:: Task description ::
Scan the entries below and count the lines holding the string "IsFrozen". Supply only the number.

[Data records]
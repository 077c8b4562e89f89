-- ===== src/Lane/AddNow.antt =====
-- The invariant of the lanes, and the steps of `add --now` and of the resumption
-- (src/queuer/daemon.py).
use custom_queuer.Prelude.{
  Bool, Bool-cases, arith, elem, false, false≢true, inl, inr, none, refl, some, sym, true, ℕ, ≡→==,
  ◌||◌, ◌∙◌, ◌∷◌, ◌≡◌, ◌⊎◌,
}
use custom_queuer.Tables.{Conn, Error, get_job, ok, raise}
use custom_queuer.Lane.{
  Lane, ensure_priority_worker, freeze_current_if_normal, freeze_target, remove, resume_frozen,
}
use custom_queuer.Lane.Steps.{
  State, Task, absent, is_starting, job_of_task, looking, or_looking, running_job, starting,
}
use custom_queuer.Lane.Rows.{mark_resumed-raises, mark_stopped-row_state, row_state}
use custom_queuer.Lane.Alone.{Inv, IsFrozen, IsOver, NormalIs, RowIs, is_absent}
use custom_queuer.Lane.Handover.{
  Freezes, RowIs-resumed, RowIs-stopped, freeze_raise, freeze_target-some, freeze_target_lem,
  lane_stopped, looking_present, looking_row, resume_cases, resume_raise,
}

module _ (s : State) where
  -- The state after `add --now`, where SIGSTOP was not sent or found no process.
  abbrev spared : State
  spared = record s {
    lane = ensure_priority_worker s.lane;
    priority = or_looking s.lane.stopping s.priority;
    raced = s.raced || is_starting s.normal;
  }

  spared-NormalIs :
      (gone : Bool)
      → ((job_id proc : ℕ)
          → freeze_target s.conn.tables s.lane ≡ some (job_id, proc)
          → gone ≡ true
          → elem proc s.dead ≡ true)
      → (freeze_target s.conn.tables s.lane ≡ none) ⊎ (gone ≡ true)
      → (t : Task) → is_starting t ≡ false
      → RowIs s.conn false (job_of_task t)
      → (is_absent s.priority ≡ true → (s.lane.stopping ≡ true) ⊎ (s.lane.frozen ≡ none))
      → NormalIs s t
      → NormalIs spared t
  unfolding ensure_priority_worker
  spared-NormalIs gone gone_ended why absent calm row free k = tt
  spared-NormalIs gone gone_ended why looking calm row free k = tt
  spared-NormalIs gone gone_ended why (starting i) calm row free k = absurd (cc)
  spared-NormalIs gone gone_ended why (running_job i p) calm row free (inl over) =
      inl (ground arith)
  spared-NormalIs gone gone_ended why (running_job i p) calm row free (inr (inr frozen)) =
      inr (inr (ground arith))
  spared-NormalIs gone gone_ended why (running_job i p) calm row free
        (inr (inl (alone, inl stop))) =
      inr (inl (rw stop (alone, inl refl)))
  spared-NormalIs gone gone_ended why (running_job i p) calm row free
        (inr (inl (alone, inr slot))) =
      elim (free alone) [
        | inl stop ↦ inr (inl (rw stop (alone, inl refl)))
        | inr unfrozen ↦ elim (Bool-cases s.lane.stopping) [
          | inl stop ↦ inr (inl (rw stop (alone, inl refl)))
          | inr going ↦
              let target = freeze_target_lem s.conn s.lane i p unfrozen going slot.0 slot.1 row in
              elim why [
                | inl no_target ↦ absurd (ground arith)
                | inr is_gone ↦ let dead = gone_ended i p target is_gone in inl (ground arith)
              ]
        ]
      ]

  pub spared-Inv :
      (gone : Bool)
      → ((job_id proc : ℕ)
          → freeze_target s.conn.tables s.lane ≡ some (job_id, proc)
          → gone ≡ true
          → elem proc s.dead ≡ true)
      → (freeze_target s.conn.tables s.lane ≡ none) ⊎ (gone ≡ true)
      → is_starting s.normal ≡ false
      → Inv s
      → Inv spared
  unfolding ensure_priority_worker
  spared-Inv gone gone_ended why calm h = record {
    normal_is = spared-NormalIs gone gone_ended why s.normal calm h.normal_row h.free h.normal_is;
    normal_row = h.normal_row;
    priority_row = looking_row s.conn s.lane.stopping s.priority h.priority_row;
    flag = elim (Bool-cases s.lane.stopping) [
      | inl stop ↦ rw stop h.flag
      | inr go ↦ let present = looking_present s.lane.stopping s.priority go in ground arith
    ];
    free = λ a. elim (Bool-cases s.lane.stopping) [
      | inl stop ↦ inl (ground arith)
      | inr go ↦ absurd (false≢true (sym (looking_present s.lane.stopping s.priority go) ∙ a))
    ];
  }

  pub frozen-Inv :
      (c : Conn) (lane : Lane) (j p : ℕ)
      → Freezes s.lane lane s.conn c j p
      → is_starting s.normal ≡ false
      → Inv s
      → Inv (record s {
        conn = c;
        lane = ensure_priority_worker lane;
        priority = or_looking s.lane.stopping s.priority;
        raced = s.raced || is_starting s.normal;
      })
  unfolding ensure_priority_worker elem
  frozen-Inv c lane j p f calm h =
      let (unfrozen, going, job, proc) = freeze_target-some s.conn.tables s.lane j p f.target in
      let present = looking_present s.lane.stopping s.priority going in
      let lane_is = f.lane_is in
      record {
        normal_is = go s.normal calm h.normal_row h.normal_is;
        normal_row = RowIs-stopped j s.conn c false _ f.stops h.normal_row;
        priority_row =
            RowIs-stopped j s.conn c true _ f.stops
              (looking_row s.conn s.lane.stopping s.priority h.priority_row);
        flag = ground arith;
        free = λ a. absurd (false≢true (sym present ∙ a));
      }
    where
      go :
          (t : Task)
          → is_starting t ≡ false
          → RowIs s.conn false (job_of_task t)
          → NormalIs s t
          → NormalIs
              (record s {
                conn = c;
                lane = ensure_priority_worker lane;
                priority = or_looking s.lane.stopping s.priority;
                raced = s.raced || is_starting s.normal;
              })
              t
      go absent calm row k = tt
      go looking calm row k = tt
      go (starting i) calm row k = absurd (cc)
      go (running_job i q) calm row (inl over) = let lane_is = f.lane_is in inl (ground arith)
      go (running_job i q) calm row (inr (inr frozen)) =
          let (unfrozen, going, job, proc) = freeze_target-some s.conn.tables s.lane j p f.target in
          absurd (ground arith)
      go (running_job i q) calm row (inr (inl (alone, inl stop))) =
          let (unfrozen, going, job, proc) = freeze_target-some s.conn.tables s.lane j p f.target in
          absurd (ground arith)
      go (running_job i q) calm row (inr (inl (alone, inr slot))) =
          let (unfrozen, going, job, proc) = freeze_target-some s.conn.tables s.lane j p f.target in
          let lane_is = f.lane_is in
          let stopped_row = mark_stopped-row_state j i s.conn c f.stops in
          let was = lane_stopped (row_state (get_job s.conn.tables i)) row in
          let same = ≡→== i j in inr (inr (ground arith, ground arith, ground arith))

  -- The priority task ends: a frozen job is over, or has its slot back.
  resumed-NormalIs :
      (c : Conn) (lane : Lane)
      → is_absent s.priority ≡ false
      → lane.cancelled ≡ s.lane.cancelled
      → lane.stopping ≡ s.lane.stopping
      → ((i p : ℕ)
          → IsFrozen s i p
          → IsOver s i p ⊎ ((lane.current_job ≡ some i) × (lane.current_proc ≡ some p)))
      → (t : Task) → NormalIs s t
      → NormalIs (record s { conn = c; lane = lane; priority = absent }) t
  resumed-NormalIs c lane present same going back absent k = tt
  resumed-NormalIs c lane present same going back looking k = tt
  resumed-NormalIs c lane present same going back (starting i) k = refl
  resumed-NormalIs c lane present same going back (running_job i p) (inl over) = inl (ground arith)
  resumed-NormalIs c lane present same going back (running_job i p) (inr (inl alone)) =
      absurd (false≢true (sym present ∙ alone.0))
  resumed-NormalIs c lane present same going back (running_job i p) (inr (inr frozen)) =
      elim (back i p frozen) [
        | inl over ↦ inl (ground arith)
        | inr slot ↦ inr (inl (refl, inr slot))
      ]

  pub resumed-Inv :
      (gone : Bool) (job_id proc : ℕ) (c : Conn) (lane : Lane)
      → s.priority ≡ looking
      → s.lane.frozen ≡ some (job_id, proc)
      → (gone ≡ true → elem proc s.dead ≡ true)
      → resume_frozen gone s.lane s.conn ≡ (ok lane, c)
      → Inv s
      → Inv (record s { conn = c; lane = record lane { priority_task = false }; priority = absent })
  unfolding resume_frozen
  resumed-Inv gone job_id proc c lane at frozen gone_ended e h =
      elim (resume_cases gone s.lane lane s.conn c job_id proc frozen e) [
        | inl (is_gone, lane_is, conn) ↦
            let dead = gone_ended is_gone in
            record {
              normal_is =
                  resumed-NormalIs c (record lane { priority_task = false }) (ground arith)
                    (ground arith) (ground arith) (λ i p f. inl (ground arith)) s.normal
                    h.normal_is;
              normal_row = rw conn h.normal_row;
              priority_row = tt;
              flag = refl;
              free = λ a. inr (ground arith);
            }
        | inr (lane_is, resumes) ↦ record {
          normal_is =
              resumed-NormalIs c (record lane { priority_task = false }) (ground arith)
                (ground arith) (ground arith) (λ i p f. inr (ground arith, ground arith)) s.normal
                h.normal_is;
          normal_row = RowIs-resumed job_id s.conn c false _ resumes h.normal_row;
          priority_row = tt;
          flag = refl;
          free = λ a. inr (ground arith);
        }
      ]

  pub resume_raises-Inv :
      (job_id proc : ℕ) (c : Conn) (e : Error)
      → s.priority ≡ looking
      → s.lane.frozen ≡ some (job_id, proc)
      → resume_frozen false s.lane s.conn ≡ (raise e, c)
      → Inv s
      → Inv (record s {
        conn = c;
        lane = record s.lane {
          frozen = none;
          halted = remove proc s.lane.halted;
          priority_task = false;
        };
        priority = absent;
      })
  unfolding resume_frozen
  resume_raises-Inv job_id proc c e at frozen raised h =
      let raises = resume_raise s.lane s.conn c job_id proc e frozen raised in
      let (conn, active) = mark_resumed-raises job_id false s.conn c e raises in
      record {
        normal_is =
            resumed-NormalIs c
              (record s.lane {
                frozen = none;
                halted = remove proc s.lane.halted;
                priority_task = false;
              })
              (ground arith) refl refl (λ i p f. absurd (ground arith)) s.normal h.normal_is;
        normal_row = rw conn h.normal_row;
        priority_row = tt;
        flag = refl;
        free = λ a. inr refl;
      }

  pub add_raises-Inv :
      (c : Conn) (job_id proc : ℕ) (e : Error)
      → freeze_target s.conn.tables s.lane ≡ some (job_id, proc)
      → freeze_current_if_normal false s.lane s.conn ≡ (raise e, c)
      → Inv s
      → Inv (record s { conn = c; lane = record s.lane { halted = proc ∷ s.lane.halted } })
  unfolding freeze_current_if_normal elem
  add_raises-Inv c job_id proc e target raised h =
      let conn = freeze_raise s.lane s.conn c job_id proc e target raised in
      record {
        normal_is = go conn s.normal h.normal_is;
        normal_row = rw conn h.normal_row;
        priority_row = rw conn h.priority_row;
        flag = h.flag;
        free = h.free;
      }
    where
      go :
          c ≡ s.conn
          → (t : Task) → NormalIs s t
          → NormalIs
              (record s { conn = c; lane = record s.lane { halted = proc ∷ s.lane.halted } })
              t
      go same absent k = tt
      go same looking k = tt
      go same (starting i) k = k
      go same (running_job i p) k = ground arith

---

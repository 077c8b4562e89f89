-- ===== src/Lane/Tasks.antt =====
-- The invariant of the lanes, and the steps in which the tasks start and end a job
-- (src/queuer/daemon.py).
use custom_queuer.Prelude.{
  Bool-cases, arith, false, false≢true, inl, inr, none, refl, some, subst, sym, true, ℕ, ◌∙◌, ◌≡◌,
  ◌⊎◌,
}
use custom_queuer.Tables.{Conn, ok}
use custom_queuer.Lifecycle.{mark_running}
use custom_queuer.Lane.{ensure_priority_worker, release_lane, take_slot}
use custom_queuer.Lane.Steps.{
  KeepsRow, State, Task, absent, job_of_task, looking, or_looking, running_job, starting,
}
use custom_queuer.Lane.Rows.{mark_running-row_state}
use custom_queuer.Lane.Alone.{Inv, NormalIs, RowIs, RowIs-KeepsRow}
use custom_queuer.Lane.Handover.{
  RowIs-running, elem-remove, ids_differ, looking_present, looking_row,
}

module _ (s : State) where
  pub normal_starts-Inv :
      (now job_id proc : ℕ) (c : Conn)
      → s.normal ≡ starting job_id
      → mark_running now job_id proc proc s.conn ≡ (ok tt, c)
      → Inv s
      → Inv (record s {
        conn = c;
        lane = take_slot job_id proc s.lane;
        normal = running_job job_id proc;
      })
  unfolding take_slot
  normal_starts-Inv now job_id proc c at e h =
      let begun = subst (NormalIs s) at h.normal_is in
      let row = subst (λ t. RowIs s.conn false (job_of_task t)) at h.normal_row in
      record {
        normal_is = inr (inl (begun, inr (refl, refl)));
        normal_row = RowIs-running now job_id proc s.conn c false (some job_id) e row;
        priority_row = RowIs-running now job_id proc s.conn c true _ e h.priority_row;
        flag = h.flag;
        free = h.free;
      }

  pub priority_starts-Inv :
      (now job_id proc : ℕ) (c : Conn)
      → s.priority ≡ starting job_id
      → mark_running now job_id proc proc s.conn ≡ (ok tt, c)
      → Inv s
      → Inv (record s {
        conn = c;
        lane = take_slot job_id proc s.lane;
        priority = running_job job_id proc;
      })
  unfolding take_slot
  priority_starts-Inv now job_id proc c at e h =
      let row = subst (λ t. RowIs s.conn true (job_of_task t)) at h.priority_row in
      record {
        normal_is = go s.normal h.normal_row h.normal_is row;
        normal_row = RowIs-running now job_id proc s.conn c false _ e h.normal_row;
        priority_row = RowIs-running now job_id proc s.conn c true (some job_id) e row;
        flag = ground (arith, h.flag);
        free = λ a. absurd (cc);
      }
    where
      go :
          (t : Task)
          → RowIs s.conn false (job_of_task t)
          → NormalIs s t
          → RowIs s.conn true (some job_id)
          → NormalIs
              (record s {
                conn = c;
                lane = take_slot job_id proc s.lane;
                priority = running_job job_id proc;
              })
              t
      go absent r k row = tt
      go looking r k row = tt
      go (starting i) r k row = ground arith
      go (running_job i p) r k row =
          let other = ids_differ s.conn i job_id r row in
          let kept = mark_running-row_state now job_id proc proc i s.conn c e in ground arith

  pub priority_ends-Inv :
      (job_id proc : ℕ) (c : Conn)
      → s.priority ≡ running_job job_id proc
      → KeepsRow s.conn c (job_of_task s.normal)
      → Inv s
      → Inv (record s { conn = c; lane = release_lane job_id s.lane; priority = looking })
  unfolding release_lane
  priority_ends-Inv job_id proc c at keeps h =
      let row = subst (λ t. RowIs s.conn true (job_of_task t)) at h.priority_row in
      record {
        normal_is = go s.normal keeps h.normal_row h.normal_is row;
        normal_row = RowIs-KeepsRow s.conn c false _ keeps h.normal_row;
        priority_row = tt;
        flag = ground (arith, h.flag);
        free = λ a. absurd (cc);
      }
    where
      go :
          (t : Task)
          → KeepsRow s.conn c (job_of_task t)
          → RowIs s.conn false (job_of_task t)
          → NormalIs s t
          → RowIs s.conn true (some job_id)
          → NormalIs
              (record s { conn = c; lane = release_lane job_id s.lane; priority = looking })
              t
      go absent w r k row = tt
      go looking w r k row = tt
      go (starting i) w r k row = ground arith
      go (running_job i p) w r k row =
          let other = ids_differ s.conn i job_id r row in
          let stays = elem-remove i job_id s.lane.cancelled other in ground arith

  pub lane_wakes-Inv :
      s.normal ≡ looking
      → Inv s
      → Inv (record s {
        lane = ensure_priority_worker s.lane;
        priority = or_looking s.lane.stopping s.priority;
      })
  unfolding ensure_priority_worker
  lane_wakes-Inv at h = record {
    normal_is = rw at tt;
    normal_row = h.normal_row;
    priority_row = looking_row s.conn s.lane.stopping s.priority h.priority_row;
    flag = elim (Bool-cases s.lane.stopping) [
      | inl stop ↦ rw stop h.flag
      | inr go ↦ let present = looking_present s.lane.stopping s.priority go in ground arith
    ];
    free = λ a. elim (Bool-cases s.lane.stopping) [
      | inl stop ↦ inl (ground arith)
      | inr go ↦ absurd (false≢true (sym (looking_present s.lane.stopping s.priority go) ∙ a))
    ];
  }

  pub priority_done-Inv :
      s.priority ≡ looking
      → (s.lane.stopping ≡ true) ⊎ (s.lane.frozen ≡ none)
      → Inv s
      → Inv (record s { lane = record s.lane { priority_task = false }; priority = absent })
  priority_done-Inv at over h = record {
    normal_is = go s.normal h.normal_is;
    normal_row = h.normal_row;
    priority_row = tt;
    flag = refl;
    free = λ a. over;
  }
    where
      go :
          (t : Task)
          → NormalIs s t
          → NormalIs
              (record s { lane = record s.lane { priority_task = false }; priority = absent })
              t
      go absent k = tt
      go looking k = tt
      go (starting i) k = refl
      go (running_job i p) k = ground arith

==

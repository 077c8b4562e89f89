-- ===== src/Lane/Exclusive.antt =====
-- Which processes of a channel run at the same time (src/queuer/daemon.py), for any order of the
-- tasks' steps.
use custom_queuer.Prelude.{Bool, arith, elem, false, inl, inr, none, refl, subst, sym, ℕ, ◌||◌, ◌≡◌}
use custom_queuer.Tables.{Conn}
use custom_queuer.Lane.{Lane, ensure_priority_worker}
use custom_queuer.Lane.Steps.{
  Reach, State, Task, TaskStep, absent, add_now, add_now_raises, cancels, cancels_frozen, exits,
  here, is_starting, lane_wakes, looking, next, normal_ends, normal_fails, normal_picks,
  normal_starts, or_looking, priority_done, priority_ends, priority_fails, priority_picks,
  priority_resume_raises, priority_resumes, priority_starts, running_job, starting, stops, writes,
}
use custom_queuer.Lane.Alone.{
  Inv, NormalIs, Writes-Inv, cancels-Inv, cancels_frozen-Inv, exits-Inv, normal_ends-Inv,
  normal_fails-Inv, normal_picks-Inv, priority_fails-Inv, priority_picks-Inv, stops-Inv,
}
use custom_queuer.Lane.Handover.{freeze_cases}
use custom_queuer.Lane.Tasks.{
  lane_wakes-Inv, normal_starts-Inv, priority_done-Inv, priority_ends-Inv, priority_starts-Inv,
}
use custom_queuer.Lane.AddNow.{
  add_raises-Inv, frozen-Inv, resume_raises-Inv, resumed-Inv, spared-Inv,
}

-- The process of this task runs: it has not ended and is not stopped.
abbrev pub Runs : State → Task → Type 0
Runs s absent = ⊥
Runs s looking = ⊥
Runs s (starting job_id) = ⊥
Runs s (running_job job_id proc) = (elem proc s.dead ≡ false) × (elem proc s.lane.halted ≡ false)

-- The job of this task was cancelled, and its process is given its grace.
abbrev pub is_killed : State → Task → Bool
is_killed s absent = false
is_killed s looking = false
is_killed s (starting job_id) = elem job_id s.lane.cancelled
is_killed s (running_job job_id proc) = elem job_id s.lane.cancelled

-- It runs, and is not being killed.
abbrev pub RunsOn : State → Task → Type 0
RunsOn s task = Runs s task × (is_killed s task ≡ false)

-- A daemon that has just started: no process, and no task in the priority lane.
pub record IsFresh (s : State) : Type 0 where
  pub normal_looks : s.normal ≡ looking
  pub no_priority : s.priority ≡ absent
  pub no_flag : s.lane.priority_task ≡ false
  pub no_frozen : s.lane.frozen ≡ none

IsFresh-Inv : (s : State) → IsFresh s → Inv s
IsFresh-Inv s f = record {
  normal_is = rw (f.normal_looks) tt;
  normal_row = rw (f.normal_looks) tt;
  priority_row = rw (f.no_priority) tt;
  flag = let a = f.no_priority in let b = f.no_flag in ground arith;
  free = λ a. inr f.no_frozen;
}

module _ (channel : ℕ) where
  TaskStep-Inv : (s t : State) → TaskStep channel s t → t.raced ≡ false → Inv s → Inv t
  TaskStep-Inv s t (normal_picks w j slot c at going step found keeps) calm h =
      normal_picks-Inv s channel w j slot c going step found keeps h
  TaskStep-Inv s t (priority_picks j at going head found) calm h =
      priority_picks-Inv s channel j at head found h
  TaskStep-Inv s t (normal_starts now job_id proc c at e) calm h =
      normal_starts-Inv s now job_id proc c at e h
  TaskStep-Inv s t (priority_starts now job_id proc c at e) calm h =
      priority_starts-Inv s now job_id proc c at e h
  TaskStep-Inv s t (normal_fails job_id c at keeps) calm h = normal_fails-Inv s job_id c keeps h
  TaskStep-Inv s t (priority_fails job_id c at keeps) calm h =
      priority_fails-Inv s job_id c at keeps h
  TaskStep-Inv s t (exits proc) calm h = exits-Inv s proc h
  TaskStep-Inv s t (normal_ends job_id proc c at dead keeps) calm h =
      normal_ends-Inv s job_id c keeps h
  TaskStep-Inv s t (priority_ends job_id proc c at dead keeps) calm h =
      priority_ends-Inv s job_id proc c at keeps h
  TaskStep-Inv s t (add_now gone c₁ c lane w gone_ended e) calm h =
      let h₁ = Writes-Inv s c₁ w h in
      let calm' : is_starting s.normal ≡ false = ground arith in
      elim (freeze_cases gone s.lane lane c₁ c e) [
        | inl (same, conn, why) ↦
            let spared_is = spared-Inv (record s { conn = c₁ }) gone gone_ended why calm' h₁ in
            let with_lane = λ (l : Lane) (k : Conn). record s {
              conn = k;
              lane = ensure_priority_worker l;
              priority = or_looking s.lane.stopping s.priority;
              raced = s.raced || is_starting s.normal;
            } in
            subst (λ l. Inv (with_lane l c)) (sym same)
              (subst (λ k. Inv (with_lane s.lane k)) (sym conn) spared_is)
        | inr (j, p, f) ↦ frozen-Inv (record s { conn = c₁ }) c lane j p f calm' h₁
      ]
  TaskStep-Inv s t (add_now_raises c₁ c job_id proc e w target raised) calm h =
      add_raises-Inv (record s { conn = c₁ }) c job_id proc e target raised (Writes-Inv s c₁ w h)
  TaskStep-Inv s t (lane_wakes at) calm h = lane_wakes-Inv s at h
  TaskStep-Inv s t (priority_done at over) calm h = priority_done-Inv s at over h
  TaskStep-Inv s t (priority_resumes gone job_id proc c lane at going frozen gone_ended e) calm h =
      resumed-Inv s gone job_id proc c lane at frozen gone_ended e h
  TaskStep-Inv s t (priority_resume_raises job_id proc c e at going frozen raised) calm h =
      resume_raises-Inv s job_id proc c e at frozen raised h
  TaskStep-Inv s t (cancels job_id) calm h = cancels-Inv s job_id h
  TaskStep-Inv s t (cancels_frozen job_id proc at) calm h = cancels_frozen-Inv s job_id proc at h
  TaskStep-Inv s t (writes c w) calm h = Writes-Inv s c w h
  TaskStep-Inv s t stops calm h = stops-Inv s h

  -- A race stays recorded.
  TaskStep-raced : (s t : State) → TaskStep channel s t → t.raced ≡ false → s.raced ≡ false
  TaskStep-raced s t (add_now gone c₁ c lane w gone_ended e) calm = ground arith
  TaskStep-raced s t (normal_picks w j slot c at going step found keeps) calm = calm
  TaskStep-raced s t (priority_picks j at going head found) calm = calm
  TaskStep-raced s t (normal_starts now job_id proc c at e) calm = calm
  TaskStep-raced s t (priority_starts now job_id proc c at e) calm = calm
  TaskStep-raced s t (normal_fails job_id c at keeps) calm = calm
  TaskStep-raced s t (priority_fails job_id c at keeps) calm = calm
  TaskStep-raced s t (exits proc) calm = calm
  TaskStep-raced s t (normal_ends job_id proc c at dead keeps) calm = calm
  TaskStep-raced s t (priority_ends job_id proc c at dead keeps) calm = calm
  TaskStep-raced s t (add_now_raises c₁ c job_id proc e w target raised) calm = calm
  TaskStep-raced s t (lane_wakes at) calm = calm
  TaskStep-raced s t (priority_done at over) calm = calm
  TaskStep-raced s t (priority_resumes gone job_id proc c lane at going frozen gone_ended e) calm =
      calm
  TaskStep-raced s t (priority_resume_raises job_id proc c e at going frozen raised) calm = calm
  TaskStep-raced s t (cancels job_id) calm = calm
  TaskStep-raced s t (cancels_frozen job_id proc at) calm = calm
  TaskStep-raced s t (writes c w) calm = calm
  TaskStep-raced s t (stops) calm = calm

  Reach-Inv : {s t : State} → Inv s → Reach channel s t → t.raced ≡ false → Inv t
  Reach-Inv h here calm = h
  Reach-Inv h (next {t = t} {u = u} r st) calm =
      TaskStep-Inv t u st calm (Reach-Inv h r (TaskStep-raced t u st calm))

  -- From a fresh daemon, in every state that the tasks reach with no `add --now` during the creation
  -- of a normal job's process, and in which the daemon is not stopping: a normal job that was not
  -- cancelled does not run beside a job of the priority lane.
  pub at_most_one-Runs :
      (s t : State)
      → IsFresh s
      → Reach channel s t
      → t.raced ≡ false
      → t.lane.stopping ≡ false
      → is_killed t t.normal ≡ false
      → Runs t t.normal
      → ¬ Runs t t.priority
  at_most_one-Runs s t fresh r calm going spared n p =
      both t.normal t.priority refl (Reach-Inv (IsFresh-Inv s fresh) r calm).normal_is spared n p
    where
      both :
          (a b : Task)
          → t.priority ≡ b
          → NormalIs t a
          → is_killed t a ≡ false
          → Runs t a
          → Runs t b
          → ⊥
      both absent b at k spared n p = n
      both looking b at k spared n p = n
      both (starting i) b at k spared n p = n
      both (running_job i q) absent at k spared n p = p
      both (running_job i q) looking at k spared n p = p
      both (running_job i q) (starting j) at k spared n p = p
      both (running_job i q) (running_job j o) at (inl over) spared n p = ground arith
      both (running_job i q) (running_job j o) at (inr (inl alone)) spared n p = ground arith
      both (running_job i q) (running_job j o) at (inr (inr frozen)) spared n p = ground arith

:: Result for this exercise ::
2